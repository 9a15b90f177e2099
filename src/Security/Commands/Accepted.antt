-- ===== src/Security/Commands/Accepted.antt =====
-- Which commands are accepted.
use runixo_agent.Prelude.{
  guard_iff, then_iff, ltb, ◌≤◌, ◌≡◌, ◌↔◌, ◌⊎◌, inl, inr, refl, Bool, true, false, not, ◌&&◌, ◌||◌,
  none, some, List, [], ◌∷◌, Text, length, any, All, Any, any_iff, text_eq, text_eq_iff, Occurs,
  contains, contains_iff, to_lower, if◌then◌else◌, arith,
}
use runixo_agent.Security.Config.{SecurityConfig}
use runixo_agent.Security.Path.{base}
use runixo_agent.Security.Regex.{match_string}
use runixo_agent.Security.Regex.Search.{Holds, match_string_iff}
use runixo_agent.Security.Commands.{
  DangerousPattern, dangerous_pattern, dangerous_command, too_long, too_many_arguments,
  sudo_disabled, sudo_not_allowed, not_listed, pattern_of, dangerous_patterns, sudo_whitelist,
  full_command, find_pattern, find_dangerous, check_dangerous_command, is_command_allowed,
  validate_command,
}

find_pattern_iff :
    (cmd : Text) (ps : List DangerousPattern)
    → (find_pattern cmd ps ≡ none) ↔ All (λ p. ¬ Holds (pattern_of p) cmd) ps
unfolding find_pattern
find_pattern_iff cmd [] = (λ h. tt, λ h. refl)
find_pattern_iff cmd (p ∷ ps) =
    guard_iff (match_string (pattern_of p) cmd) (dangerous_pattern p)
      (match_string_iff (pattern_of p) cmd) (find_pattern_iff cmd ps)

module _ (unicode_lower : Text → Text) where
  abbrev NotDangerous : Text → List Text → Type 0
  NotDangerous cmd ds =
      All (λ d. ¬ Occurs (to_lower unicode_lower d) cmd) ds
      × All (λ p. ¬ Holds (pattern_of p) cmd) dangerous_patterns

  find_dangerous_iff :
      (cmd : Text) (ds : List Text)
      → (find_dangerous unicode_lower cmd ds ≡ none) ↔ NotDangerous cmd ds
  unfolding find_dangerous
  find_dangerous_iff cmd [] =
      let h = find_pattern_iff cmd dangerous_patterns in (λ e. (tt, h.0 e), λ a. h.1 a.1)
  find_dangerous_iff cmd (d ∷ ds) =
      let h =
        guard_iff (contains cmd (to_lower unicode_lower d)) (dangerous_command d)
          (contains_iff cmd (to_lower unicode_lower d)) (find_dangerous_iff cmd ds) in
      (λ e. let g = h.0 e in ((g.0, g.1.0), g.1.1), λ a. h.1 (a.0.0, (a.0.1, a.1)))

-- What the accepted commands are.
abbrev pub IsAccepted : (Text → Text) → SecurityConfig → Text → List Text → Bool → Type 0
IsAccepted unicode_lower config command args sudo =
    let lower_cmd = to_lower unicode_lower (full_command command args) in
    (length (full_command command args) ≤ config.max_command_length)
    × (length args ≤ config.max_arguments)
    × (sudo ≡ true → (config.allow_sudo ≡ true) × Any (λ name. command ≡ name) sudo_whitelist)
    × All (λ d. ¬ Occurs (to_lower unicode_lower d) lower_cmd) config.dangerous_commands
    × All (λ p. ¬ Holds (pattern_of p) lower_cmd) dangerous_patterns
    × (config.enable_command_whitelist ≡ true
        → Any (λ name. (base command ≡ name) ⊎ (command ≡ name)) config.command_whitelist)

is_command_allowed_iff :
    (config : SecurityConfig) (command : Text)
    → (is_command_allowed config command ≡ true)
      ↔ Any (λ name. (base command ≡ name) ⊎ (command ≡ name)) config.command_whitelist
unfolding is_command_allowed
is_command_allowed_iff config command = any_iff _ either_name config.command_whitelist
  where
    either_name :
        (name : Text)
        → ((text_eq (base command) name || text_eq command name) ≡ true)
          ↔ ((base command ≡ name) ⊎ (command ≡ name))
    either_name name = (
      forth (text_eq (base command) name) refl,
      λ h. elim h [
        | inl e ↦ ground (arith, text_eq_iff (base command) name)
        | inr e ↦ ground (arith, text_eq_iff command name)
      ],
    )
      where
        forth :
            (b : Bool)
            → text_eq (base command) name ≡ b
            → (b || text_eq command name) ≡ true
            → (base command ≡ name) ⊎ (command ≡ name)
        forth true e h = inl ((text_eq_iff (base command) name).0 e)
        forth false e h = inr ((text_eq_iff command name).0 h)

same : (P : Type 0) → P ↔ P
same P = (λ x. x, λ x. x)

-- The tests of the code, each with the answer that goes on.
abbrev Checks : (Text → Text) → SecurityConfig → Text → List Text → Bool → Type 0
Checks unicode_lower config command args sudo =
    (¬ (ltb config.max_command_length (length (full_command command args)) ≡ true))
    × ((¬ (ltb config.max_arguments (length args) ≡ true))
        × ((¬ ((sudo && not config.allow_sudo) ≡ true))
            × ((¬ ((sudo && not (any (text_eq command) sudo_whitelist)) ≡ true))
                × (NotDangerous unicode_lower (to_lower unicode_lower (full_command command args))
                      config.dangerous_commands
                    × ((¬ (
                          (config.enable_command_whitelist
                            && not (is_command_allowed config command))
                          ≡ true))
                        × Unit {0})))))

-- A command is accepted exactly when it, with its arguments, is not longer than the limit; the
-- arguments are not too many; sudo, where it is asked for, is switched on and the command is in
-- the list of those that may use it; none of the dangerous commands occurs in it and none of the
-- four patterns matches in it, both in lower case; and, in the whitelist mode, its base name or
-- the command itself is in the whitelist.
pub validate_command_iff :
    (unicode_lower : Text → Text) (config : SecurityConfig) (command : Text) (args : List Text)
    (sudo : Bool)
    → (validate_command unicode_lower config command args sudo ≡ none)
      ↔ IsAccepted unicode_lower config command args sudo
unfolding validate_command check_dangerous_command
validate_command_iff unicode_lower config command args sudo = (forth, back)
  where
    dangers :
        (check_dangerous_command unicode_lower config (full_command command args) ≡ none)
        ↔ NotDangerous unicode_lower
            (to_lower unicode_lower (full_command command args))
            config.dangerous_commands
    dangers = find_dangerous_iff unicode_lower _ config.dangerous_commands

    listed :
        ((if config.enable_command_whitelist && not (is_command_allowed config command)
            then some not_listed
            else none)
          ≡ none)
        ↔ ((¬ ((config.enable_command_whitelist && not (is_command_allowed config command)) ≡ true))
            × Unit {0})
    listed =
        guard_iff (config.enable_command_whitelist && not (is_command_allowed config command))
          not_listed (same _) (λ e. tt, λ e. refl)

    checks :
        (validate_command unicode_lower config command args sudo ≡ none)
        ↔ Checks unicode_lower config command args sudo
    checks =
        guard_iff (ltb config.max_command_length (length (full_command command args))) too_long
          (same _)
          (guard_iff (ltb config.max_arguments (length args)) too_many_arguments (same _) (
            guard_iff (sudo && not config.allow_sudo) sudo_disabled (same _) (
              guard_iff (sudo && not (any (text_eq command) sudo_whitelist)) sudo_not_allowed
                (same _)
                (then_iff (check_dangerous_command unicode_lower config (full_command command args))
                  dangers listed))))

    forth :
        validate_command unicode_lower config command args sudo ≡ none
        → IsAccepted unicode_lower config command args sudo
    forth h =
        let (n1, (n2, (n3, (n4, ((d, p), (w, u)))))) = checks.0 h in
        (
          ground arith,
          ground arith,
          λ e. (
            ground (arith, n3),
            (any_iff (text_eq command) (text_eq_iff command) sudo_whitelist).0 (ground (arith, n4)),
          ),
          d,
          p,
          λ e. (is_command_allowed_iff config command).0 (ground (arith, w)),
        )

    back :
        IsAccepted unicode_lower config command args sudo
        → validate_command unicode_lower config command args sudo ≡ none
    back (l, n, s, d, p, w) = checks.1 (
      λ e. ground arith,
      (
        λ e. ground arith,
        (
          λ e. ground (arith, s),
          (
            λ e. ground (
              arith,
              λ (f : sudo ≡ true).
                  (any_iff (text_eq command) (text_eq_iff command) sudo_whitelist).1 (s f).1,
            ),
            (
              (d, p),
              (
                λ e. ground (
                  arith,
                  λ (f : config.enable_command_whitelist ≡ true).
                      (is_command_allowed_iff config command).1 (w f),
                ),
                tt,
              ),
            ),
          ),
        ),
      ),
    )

TASK DETAILS:
Each line in the entries above that includes the string "abbrev" adds to the count; state that count only.

ANSWER BOX:
3